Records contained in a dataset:

*-*-*

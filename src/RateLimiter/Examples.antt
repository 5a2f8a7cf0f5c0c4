-- ===== src/RateLimiter/Examples.antt =====
-- A limiter with 3 bytes left of 4, to which each round adds 2.
use lightkv.Prelude.{ℕ, ◌+◌, ◌≡◌, refl, arith, some, none}
use lightkv.RateLimiter.{
  RateLimiter, request, request_loop, try_acquire, refill, new_limiter, set_rate,
}
use lightkv.RateLimiter.Request.{IsFlowing, IsServed, request_ends}

abbrev nearly_full : RateLimiter
nearly_full = record { rate = 100; burst = 4; available = 3 }

abbrev two_each : ℕ → ℕ
two_each n = 2

nearly_full-IsFlowing : IsFlowing two_each nearly_full
nearly_full-IsFlowing = record {
  room = omega arith;
  filled = omega arith;
  some_added = λ n. omega arith;
  no_overflow = λ n. omega arith;
}

-- Seven bytes take three rounds.
three_rounds :
    request 8 two_each 7 nearly_full ≡ some (3, record { rate = 100; burst = 4; available = 1 })
unfolding request request_loop try_acquire refill
three_rounds = refl

-- A limiter made with no rate and no burst keeps a bucket of size 0 when it is given a rate: a request of
-- one byte is not served in 5 rounds.
never_served : request 5 two_each 1 (set_rate 2 100 (new_limiter 0 0)) ≡ none
unfolding request request_loop try_acquire refill set_rate new_limiter
never_served = refl

request_ends_example :
    (last : ℕ) × (after : RateLimiter) × (request (7 + 1) two_each 7 nearly_full
      ≡ some (last, after))
    × IsServed two_each 0 7 nearly_full last after
request_ends_example = request_ends two_each 7 nearly_full (omega arith) nearly_full-IsFlowing
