-- ===== src/ReplMaster.antt =====
-- src/repl_master.cpp: the replication master, its ring buffer and its replicas. A call holds
-- `mutex_`, so each is one step. A descriptor is a natural number (AddSlave ignores negative ones),
-- and the offset of a request is its value after the cast to `uint64_t`.
pub mod Ring
pub mod Resync
pub mod Examples
use lightkv.Prelude.{
  ℕ, zero, suc, ◌+◌, ◌-◌, ◌%◌, Bool, true, false, List, [], ◌∷◌, ◌++◌, length, get_or, set,
  replicate, ltb, leb, ◌==◌, if◌then◌else◌, not, ◌&&◌, ◌||◌, bytes_eq,
}

-- SlaveConn
pub record SlaveConn : Type 0 where
  pub fd : ℕ
  pub ack_offset : ℕ
  pub pending_offset : ℕ
  pub sent_full_resync : Bool
  pub in_rdb_transfer : Bool

pub record ReplMaster : Type 0 where
  pub repl_id : List ℕ
  pub repl_offset : ℕ
  pub slaves : List SlaveConn
  pub backlog : List ℕ
  pub backlog_size : ℕ
  pub backlog_first_offset : ℕ

-- The constructor; the id is what `generate_uuid` drew.
pub new_master : List ℕ → ℕ → ReplMaster
new_master repl_id backlog_size = record {
  repl_id = repl_id;
  repl_offset = 0;
  slaves = [];
  backlog = replicate backlog_size 0;
  backlog_size = backlog_size;
  backlog_first_offset = 0;
}

-- The loop of Feed over the bytes of a command.
pub feed_loop : List ℕ → ReplMaster → ReplMaster
feed_loop [] m = m
feed_loop (b ∷ cmd) m = feed_loop cmd (record m {
  backlog = set m.backlog (m.repl_offset % m.backlog_size) b;
  repl_offset = m.repl_offset + 1;
})

pub trim_first : ReplMaster → ReplMaster
trim_first m =
    if ltb m.backlog_size (m.repl_offset - m.backlog_first_offset)
    then record m { backlog_first_offset = m.repl_offset - m.backlog_size }
    else m

-- ReplMaster::Feed, with the offset that it returns.
pub feed : List ℕ → ReplMaster → ℕ × ReplMaster
unfolding feed_loop trim_first
feed resp_cmd m = (m.repl_offset, trim_first (feed_loop resp_cmd m))

pub has_slave : ℕ → List SlaveConn → Bool
has_slave fd [] = false
has_slave fd (s ∷ slaves) = s.fd == fd || has_slave fd slaves

-- ReplMaster::AddSlave
pub add_slave : ℕ → ReplMaster → ReplMaster
add_slave fd m = if has_slave fd m.slaves then m else record m {
  slaves =
      m.slaves
      ++ (record {
        fd = fd;
        ack_offset = 0;
        pending_offset = 0;
        sent_full_resync = false;
        in_rdb_transfer = false;
      })
        ∷ [];
}

-- ReplMaster::RemoveSlave
pub without : ℕ → List SlaveConn → List SlaveConn
without fd [] = []
without fd (s ∷ slaves) = if s.fd == fd then without fd slaves else s ∷ without fd slaves

pub remove_slave : ℕ → ReplMaster → ReplMaster
remove_slave fd m = record m { slaves = without fd m.slaves }

-- The loops that change the first connection of a descriptor.
pub update_first : ℕ → (SlaveConn → SlaveConn) → List SlaveConn → List SlaveConn
update_first fd change [] = []
update_first fd change (s ∷ slaves) =
    if s.fd == fd then change s ∷ slaves else s ∷ update_first fd change slaves

-- The first line of the answer to PSYNC.
pub data PsyncReply : Type 0 where
  full_resync : List ℕ → ℕ → PsyncReply
  continue : List ℕ → PsyncReply

pub resume_at : Bool → ℕ → SlaveConn → SlaveConn
resume_at full offset s = record s {
  sent_full_resync = full;
  ack_offset = offset;
  pending_offset = offset;
}

pub start_full : ℕ → ReplMaster → PsyncReply × ReplMaster
unfolding resume_at
start_full fd m = (
  full_resync m.repl_id m.repl_offset,
  record m { slaves = update_first fd (resume_at true m.repl_offset) m.slaves },
)

abbrev pub unknown_id : List ℕ
unknown_id = b'?' ∷ []

-- ReplMaster::HandlePSYNC
pub handle_psync : List ℕ → ℕ → ℕ → ReplMaster → PsyncReply × ReplMaster
unfolding start_full
handle_psync slave_repl_id slave_offset slave_fd m =
    if bytes_eq slave_repl_id unknown_id || not (bytes_eq slave_repl_id m.repl_id)
    then start_full slave_fd m
    else if leb m.backlog_first_offset slave_offset && leb slave_offset m.repl_offset
    then (
      continue m.repl_id,
      record m { slaves = update_first slave_fd (resume_at false slave_offset) m.slaves },
    )
    else start_full slave_fd m

-- The loop of GetBacklogFrom, for the bytes left.
pub ring_bytes : ℕ → ℕ → ReplMaster → List ℕ
ring_bytes zero offset m = []
ring_bytes (suc len) offset m =
    get_or m.backlog (offset % m.backlog_size) 0 ∷ ring_bytes len (offset + 1) m

-- ReplMaster::GetBacklogFrom
pub get_backlog_from : ℕ → ReplMaster → List ℕ
get_backlog_from offset m =
    if ltb offset m.backlog_first_offset || ltb m.repl_offset offset
    then []
    else ring_bytes (m.repl_offset - offset) offset m

-- ReplMaster::CanServeFrom
pub can_serve_from : ℕ → ReplMaster → Bool
can_serve_from offset m = leb m.backlog_first_offset offset && leb offset m.repl_offset

-- ReplMaster::GetSlaveFds
pub get_slave_fds : List SlaveConn → List ℕ
get_slave_fds [] = []
get_slave_fds (s ∷ slaves) = s.fd ∷ get_slave_fds slaves

-- ReplMaster::UpdateSlaveAck
pub update_slave_ack : ℕ → ℕ → ReplMaster → ReplMaster
update_slave_ack fd offset m = record m {
  slaves = update_first fd (λ s. record s { ack_offset = offset }) m.slaves;
}

-- ReplMaster::MarkSlaveSynced
pub mark_slave_synced : ℕ → ReplMaster → ReplMaster
mark_slave_synced fd m = record m {
  slaves = update_first fd (λ s. record s { in_rdb_transfer = false }) m.slaves;
}

-- ReplMaster::UpdateSlavePendingOffset
pub update_slave_pending_offset : ℕ → ℕ → ReplMaster → ReplMaster
update_slave_pending_offset fd offset m = record m {
  slaves = update_first fd (λ s. record s { pending_offset = offset }) m.slaves;
}

-- ReplMaster::GetSlavePendingOffset
pub pending_of : ℕ → List SlaveConn → ℕ
pending_of fd [] = 0
pending_of fd (s ∷ slaves) = if s.fd == fd then s.pending_offset else pending_of fd slaves

-- ReplMaster::SlaveCount and GetBacklogUsed
pub slave_count : ReplMaster → ℕ
slave_count m = length m.slaves

pub get_backlog_used : ReplMaster → ℕ
get_backlog_used m = m.repl_offset - m.backlog_first_offset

*-*-*

Look above for the line that contains "unfolding resume_at". Starting there, transcribe every line exactly until you have copied the line that contains "handle_psync slave_repl_id slave_offset".

-- Your response --
unfolding resume_at
start_full fd m = (
  full_resync m.repl_id m.repl_offset,
  record m { slaves = update_first fd (resume_at true m.repl_offset) m.slaves },
)

abbrev pub unknown_id : List ℕ
unknown_id = b'?' ∷ []

-- ReplMaster::HandlePSYNC
pub handle_psync : List ℕ → ℕ → ℕ → ReplMaster → PsyncReply × ReplMaster
unfolding start_full
handle_psync slave_repl_id slave_offset slave_fd m =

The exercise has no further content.